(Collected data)
■ ■ ■ ■

-- ===== src/Tests/Flows.antt =====
-- internal/pcap/topology.go and topology_limits.go on a pod that talks to two peers.
use netobserv_spcg.Common.{
  ℕ, ◌≡◌, ◌≤◌, ◌↔◌, ◌⊎◌, refl, subst, String, Bool, true, false, List, [], ◌∷◌, length, ◌==◌, Elem,
  here, there,
}
use netobserv_spcg.Common.Sets.{IdSet, has}
use netobserv_spcg.Pcap.Session.{TrackedPod}
use netobserv_spcg.Pcap.Topology.{
  TopologyNode, TopologyEdge, FlowTopology, pos, tracked_node_ids, filter_topology_to_selection,
}
use netobserv_spcg.Pcap.Topology.Limit.{limit_flow_topology}
use netobserv_spcg.Pcap.Topology.Limit.Kept.{
  HasNode, IsClosed, limit_flow_topology-Within, limit_flow_topology-IsClosed,
  limit_flow_topology_keeps,
}
use netobserv_spcg.Pcap.Topology.Limit.Sizes.{limit_of}
use netobserv_spcg.Pcap.Topology.Selection.{IsEnd, filter_topology_to_selection-IsClosed}

abbrev workload : String → String → TopologyNode
workload id namespace = record {
  id = id;
  label = id;
  kind = "Pod";
  namespace = namespace;
  pod = id;
  owner_kind = "";
  owner_name = "";
  host_name = "";
  host_ip = "";
}

abbrev flow : String → String → ℕ → TopologyEdge
flow from to bytes = record {
  id = to;
  from = from;
  to = to;
  health = "healthy";
  proto = "TCP";
  src_port = 40000;
  dst_port = 443;
  count = 1;
  bytes = bytes;
  packets = 1;
  srtt_ns = pos 0;
  max_srtt_ns = pos 0;
  drop_cause = "";
  drop_diagnosis = "";
  tcp_flags = [];
  tcp_state = "";
}

abbrev web : TopologyNode
web = workload "shop/web" "shop"

abbrev small_peer : TopologyNode
small_peer = workload "10.0.0.8" ""

abbrev large_peer : TopologyNode
large_peer = workload "10.0.0.9" ""

abbrev observed : FlowTopology
observed = record {
  nodes = web ∷ small_peer ∷ large_peer ∷ [];
  edges = flow "shop/web" "10.0.0.8" 10 ∷ flow "shop/web" "10.0.0.9" 900 ∷ [];
  namespaces = "shop" ∷ [];
  edge_detail = [];
}

abbrev tracked_pods : List TrackedPod
tracked_pods =
    record {
      namespace = "shop";
      name = "web";
      uid = "u1";
      owner_kind = "Deployment";
      pod_ip = "10.0.0.5";
      pod_ips = [];
    }
    ∷ []

observed-IsClosed : IsClosed observed
observed-IsClosed e (here q) = subst Closed q (
  record { node = web; inside = here refl; same = refl },
  record { node = small_peer; inside = there (here refl); same = refl },
)
  where
    Closed : TopologyEdge → Type 0
    Closed f = HasNode f.from observed.nodes × HasNode f.to observed.nodes
observed-IsClosed e (there (here q)) = subst Closed q (
  record { node = web; inside = here refl; same = refl },
  record { node = large_peer; inside = there (there (here refl)); same = refl },
)
  where
    Closed : TopologyEdge → Type 0
    Closed f = HasNode f.from observed.nodes × HasNode f.to observed.nodes
observed-IsClosed e (there (there m)) = elim m [ ]

limit_flow_topology-Within_example :
    (length (limit_flow_topology observed tracked_pods 2 1).0.edges ≤ limit_of 1 150)
    × ((length (limit_flow_topology observed tracked_pods 2 1).0.nodes ≤ limit_of 2 100)
        ⊎ (length (limit_flow_topology observed tracked_pods 2 1).0.nodes
            ≤ length (tracked_node_ids tracked_pods [])))
    × (length (tracked_node_ids tracked_pods []) ≤ length tracked_pods)
limit_flow_topology-Within_example = limit_flow_topology-Within observed tracked_pods 2 1

limit_flow_topology-IsClosed_example : IsClosed (limit_flow_topology observed tracked_pods 2 1).0
limit_flow_topology-IsClosed_example =
    limit_flow_topology-IsClosed observed tracked_pods 2 1 observed-IsClosed

limit_flow_topology_keeps_example :
    HasNode "shop/web" (limit_flow_topology observed tracked_pods 2 1).0.nodes
unfolding tracked_node_ids netobserv_spcg.Common.Maps.contains netobserv_spcg.Common.Maps.lookup
    netobserv_spcg.Common.Maps.insert netobserv_spcg.Common.String-discrete
    netobserv_spcg.Common.Bool-cases
limit_flow_topology_keeps_example =
    limit_flow_topology_keeps observed tracked_pods 2 1 "shop/web" refl
      (record { node = web; inside = here refl; same = refl })

abbrev selection : IdSet
selection = ("10.0.0.9", tt) ∷ []

filter_topology_to_selection-IsClosed_example :
    ((e : TopologyEdge)
      → Elem e (filter_topology_to_selection observed selection).edges
        ↔ (Elem e observed.edges × ((has e.from selection ≡ true) ⊎ (has e.to selection ≡ true))))
    × ((n : TopologyNode)
        → Elem n (filter_topology_to_selection observed selection).nodes ↔ (
            Elem n observed.nodes
            × IsEnd n.id (filter_topology_to_selection observed selection).edges))
    × IsClosed (filter_topology_to_selection observed selection)
filter_topology_to_selection-IsClosed_example =
    filter_topology_to_selection-IsClosed observed selection refl observed-IsClosed
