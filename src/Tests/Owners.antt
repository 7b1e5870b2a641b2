-- ===== src/Tests/Owners.antt =====
-- internal/portal/capture_registry.go with the captures of two sessions, and trace_registry.go with
-- a trace to which a capture is linked.
use netobserv_spcg.Common.{
  ◌≡◌, ◌≢◌, refl, String, String-discrete, str_ne, List, [], ◌∷◌, Option, some,
}
use netobserv_spcg.Common.Maps.{Map, lookup}
use netobserv_spcg.Common.{ℕ, none}
use netobserv_spcg.Portal.TraceRegistry.{
  TraceSession, TraceRegistry, link_trace_capture, purge_trace_sessions, get_trace_session,
}
use netobserv_spcg.Portal.TraceRegistry.Cancel.{
  Op, link, stop, delete, run_all, IsAccounted, link_trace_capture-IsAccounted,
  purge_trace_sessions_drops,
}
use netobserv_spcg.Portal.CaptureRegistry.{IdSet, Registry, purge_capture_sessions}
use netobserv_spcg.Portal.CaptureRegistry.Ownership.{IsGone, purge-IsGone, purge_keeps}

abbrev ids : IdSet
ids = ("c1", tt) ∷ ("c2", tt) ∷ []

abbrev shared : Registry
shared = record {
  capture_owners = ("c1", "alice") ∷ ("c2", "bob") ∷ [];
  active_streams = ids;
  pcap_sessions = ids;
  scrubbers = ids;
  chat_hist = [];
  ai_sessions = ("c1", tt) ∷ [];
}

purge-IsGone_example : IsGone "c1" (purge_capture_sessions "alice" shared).0
unfolding lookup String-discrete netobserv_spcg.Common.Bool-cases
purge-IsGone_example = purge-IsGone "alice" "c1" shared refl refl

purge_keeps_example :
    (lookup String-discrete "c2" (purge_capture_sessions "alice" shared).0.capture_owners
      ≡ some "bob")
    × (lookup String-discrete "c2" (purge_capture_sessions "alice" shared).0.active_streams
        ≡ lookup String-discrete "c2" shared.active_streams)
    × (lookup String-discrete "c2" (purge_capture_sessions "alice" shared).0.pcap_sessions
        ≡ lookup String-discrete "c2" shared.pcap_sessions)
unfolding lookup netobserv_spcg.Common.Maps.contains String-discrete
    netobserv_spcg.Common.Bool-cases
purge_keeps_example =
    purge_keeps "alice" "bob" "c2" shared (refl, (refl, tt)) (str_ne "bob" "alice" refl) refl

abbrev trace_of : String → Option ℕ → TraceSession String String
trace_of owner cancel = record {
  auth_session_id = owner;
  response = "";
  sigma_graph = none;
  capture_session_id = "c1";
  capture_cancel = cancel;
  created_at = 0;
}

abbrev traced : TraceRegistry String String
traced = record { trace_owners = ("t1", trace_of "alice" (some 7)) ∷ []; cancelled = [] }

abbrev later_calls : List Op
later_calls = link "t1" "c3" (some 9) ∷ stop "t1" ∷ delete "t1" ∷ []

link_trace_capture-IsAccounted_example :
    IsAccounted 8 (run_all later_calls (link_trace_capture "t1" "c2" (some 8) traced))
link_trace_capture-IsAccounted_example =
    link_trace_capture-IsAccounted 8 "t1" "c2" later_calls traced refl

purge_trace_sessions_drops_example :
    (get_trace_session "t1" (purge_trace_sessions "alice" traced) ≡ none)
    × ((purge_trace_sessions "alice" traced).cancelled ≡ traced.cancelled)
unfolding lookup String-discrete netobserv_spcg.Common.Bool-cases
purge_trace_sessions_drops_example =
    purge_trace_sessions_drops "alice" "t1" (trace_of "alice" (some 7)) traced refl refl refl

■ ■ ■ ■

§ WHAT IS EXPECTED
Please return every line of the records above that contains the word "Common".

§ EXERCISE OUTPUT
use netobserv_spcg.Common.{
use netobserv_spcg.Common.Sets.{IdSet, has}
unfolding tracked_node_ids netobserv_spcg.Common.Maps.contains netobserv_spcg.Common.Maps.lookup
    netobserv_spcg.Common.Maps.insert netobserv_spcg.Common.String-discrete
    netobserv_spcg.Common.Bool-cases
use netobserv_spcg.Common.{
use netobserv_spcg.Common.Maps.{Map, lookup}
use netobserv_spcg.Common.{ℕ, none}
unfolding lookup String-discrete netobserv_spcg.Common.Bool-cases
unfolding lookup netobserv_spcg.Common.Maps.contains String-discrete
    netobserv_spcg.Common.Bool-cases
unfolding lookup String-discrete netobserv_spcg.Common.Bool-cases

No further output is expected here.